Ferulate, an Active Component of Wheat Germ, Ameliorates Oxidative Stress-Induced PTK/PTP Imbalance and PP2A Inactivation.

Toxicological research

Eun Mi Koh, Eun Kyeong Lee, Chi Hun Song, Jeongah Song, Hae Young Chung, Chang Hoon Chae, Kyung Jin Jung

Affiliations

  1. Bioanalytical and Immunoanalytical Research Group, Korea Institute of Toxicology, Daejeon, Korea.
  2. Animal Model Research Center, Korea Institute of Toxicology, Jeonbuk, Korea.
  3. Molecular Inflammation Research Center for Aging Intervention (MRCA), College of Pharmacy, Pusan National University, Busan, Korea.
  4. Celldi, 2-212 Jeonbuk TechnoPark, Wanju, Korea.
  5. Department of Human and Environmental Toxicology, Korea University of Science and Technology (UST), Daejeon, Korea.

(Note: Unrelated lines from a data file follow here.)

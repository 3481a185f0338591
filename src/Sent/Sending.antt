-- ===== src/Sent/Sending.antt =====
-- The transactions of time-off/time-off.service.ts that send a message, or take one back.
use hcm.Prelude.{
  sym, subst, ◌≡◌, refl, ◌≤◌, ◌+◌, Bool, true, false, List, String, ◌==◌, any, arith, inl, inr,
  some, none, find, ℤ, Option-cases, Bool-cases, if◌then◌else◌, ◌<>◌,
}
use text.Mathlib.TextPositions.{eq_refl}
use hcm.Common.Enums.{RequestStatus, RequestAction, OutboxType, OutboxStatus, LedgerPhase, is_debit}
use hcm.Common.StateMachine.{next_state, can_transition}
use hcm.Database.{TimeOffRequest, OutboxMessage, BalanceLedgerEntry, Db, same_message, same_request}
use hcm.Database.Orm.{Orm, standard, save_row}
use hcm.Database.Rows.{All-found}
use hcm.Balances.{release_reservation}
use hcm.Outbox.{enqueue, cancel_pending_for_request, is_undelivered_of}
use hcm.Processor.{is_request, save_request}
use hcm.TimeOff.{approve, cancel, cancel_committed, cancel_uncommitted, next_or}
use hcm.Sent.{
  count, is_debit_of, is_credit_of, debits_allowed, credits_allowed, IsSentOnce, SentOnce,
}
use hcm.Sent.Tables.{All-updated, IsSentOnce-saved, IsSentOnce-enqueued, count-enqueued}
use hcm.Sent.Handlers.{next_or-IsSentOnce}

-- No message has this id, as a fresh `uuid()`.
abbrev pub IsFreshMessage : String → Db → Type 0
IsFreshMessage uuid db = any (λ m. m.id == uuid) db.outbox ≡ false

module _
    (totals : (BalanceLedgerEntry → Bool) → List BalanceLedgerEntry → List (LedgerPhase × ℤ)) where
  abbrev store : Orm
  store = standard totals

  -- The message that an action sends for a row, and the tables once both are written.
  abbrev message_of : OutboxType → String → String → TimeOffRequest → OutboxMessage
  message_of type key uuid r = record {
    id = uuid;
    request_id = r.id;
    type = type;
    idempotency_key = key;
    payload = record { employee_id = r.employee_id; location_id = r.location_id; amount = r.days };
    status = OutboxStatus.pending;
    attempts = 0;
    next_attempt_at = none;
    last_error = none;
  }

  abbrev sent_with : OutboxMessage → TimeOffRequest → Db → Db
  sent_with m r db = record db {
    requests = save_row same_request r db.requests;
    outbox = save_row same_message m db.outbox;
  }

  sent_with-SentOnce :
      (type : OutboxType) (key uuid : String) (r : TimeOffRequest) (db : Db)
      → IsFreshMessage uuid db
      → count (is_debit_of r.id) db.outbox + (if is_debit type then 1 else 0)
        ≤ debits_allowed r.status
      → count (is_credit_of r.id) db.outbox + (if is_debit type then 0 else 1)
        ≤ credits_allowed r.status
      → SentOnce db
      → SentOnce (sent_with (message_of type key uuid r) r db)
  sent_with-SentOnce type key uuid r db fresh debits credits h =
      let m = message_of type key uuid r in
      IsSentOnce-enqueued db.outbox m r db.requests fresh refl
        (
          rw (count-enqueued (is_debit_of r.id) m db.outbox fresh)
              (ground (arith, eq_refl r.id, debits)),
          rw (count-enqueued (is_credit_of r.id) m db.outbox fresh)
              (ground (arith, eq_refl r.id, credits)),
        )
        h

  approve-sent_with :
      (uuid id : String) (db : Db) (r : TimeOffRequest)
      → find (is_request id) db.requests ≡ some r
      → can_transition r.status RequestAction.approve ≡ true
      → let r' = record r { status = RequestStatus.approved } in
        (r.status ≡ RequestStatus.pending_approval)
        × ((approve store uuid id db).1
            ≡ sent_with (message_of OutboxType.debit ("debit:" <> r.id) uuid r') r' db)
  unfolding approve save_request enqueue can_transition next_state
  approve-sent_with uuid id db r found legal = (ground arith, ground arith)

  pub approve-SentOnce :
      (uuid id : String) (db : Db)
      → IsFreshMessage uuid db
      → SentOnce db
      → SentOnce (approve store uuid id db).1
  unfolding approve
  approve-SentOnce uuid id db fresh h = elim (Option-cases (find (is_request id) db.requests)) [
    | inl unknown ↦ ground (arith, h)
    | inr (r, found) ↦ elim (Bool-cases (can_transition r.status RequestAction.approve)) [
      | inr illegal ↦ ground (arith, h)
      | inl legal ↦
          let once = All-found (IsSentOnce db.outbox) (is_request id) db.requests r found h in
          let (pending, after) = approve-sent_with uuid id db r found legal in
          let once' = rw pending at once in
          let r' = record r { status = RequestStatus.approved } in
          subst SentOnce (sym after) (
            sent_with-SentOnce OutboxType.debit ("debit:" <> r.id) uuid r' db fresh
              (omega (arith, once'.0)) (omega (arith, once'.1)) h)
    ]
  ]

  cancel_committed-sent_with :
      (uuid : String) (db : Db) (r : TimeOffRequest)
      → r.status ≡ RequestStatus.committed
      → let r' = record r { status = RequestStatus.cancellation_pending } in
        (cancel_committed store uuid r db).1
        ≡ sent_with (message_of OutboxType.credit ("credit:" <> r.id) uuid r') r' db
  unfolding cancel_committed save_request enqueue next_state
  cancel_committed-sent_with uuid db r committed = ground arith

  cancel_committed-SentOnce :
      (uuid : String) (r : TimeOffRequest) (db : Db)
      → IsFreshMessage uuid db
      → r.status ≡ RequestStatus.committed
      → IsSentOnce db.outbox r
      → SentOnce db
      → SentOnce (cancel_committed store uuid r db).1
  cancel_committed-SentOnce uuid r db fresh committed once h =
      let once' = rw committed at once in
      let r' = record r { status = RequestStatus.cancellation_pending } in
      subst SentOnce (sym (cancel_committed-sent_with uuid db r committed)) (
        sent_with-SentOnce OutboxType.credit ("credit:" <> r.id) uuid r' db fresh
          (omega (arith, once'.0)) (omega (arith, once'.1)) h)

  -- A cancellation that sends nothing, with or without the messages that it gives up.
  cancel_uncommitted-SentOnce :
      (r : TimeOffRequest) (db : Db)
      → IsSentOnce db.outbox r
      → SentOnce db
      → SentOnce (cancel_uncommitted store r db).1
  unfolding cancel_uncommitted save_request release_reservation cancel_pending_for_request
  cancel_uncommitted-SentOnce r db once h =
      let r' = record r { status = next_or r.status RequestAction.cancel } in
      let saved =
        IsSentOnce-saved db.outbox r' db.requests
          (next_or-IsSentOnce db.outbox r RequestAction.cancel once) h in
      ground (
        arith,
        saved,
        All-updated (is_undelivered_of r.id)
            (λ m. record m {
              status = OutboxStatus.dead;
              last_error = some "cancelled: request cancelled before delivery";
            })
            db.outbox (λ m. refl) (λ m. refl) (save_row same_request r' db.requests) saved,
      )

  pub cancel-SentOnce :
      (uuid id : String) (db : Db)
      → IsFreshMessage uuid db
      → SentOnce db
      → SentOnce (cancel store uuid id db).1
  unfolding cancel
  cancel-SentOnce uuid id db fresh h = elim (Option-cases (find (is_request id) db.requests)) [
    | inl unknown ↦ ground (arith, h)
    | inr (r, found) ↦
        let once = All-found (IsSentOnce db.outbox) (is_request id) db.requests r found h in
        ground (
          arith,
          h,
          cancel_committed-SentOnce uuid r db fresh,
          once,
          cancel_uncommitted-SentOnce r db once h,
        )
  ]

PMID: 30370008 PMCID: PMC6195880 DOI: 10.5487/TR.2018.34.4.333

Abstract

Ferulate is a phenolic compound abundant in wheat germ and bran and has been investigated for its beneficial activities. The aim of the present study is to evaluate the efficacy of ferulate against the oxidative stress-induced imbalance of protein tyrosine kinases (PTKs), protein tyrosine phosphatases (PTPs), and serine/threonine protein phosphatase 2A (PP2A), in connection with our previous finding that oxidative stress-induced imbalance of PTKs and PTPs is linked with proinflammatory nuclear factor-kappa B (NF-κB) activation. To test the effects of ferulate on this process, we utilized two oxidative stress-induced inflammatory models. First, YPEN-1 cells were pretreated with ferulate for 1 hr prior to the administration of 2,2'-Azobis(2-methylpropionamidine) dihydrochloride (AAPH). Second, 20-month-old Sprague-Dawley rats were fed ferulate for 10 days. After ferulate treatment, the activities of PTKs, PTPs, and PP2A were measured because these proteins either directly or indirectly promote NF-κB activation. Our results revealed that in YPEN-1 cells, ferulate effectively suppressed AAPH-induced increases in reactive oxygen species (ROS) and NF-κB activity, as well as AAPH-induced PTK activation. Furthermore, ferulate also inhibited AAPH-induced PTP and PP2A inactivation. In the aged kidney model, ferulate suppressed aging-induced activation of PTKs and ameliorated aging-induced inactivation of PTPs and PP2A. Thus, herein we demonstrated that ferulate could modulate PTK/PTP balance against oxidative stress-induced inactivation of PTPs and PP2A, which is closely linked with NF-κB activation. Based on these results, the ability of ferulate to modulate oxidative stress-related inflammatory processes is established, which suggests that this compound could act as a novel therapeutic agent.

Keywords: Ferulate; Oxidative stress; PP2A; PTK; PTP; Wheat germ

Conflict of interest statement

CONFLICT OF INTEREST The authors declare no potential conflicts of interests.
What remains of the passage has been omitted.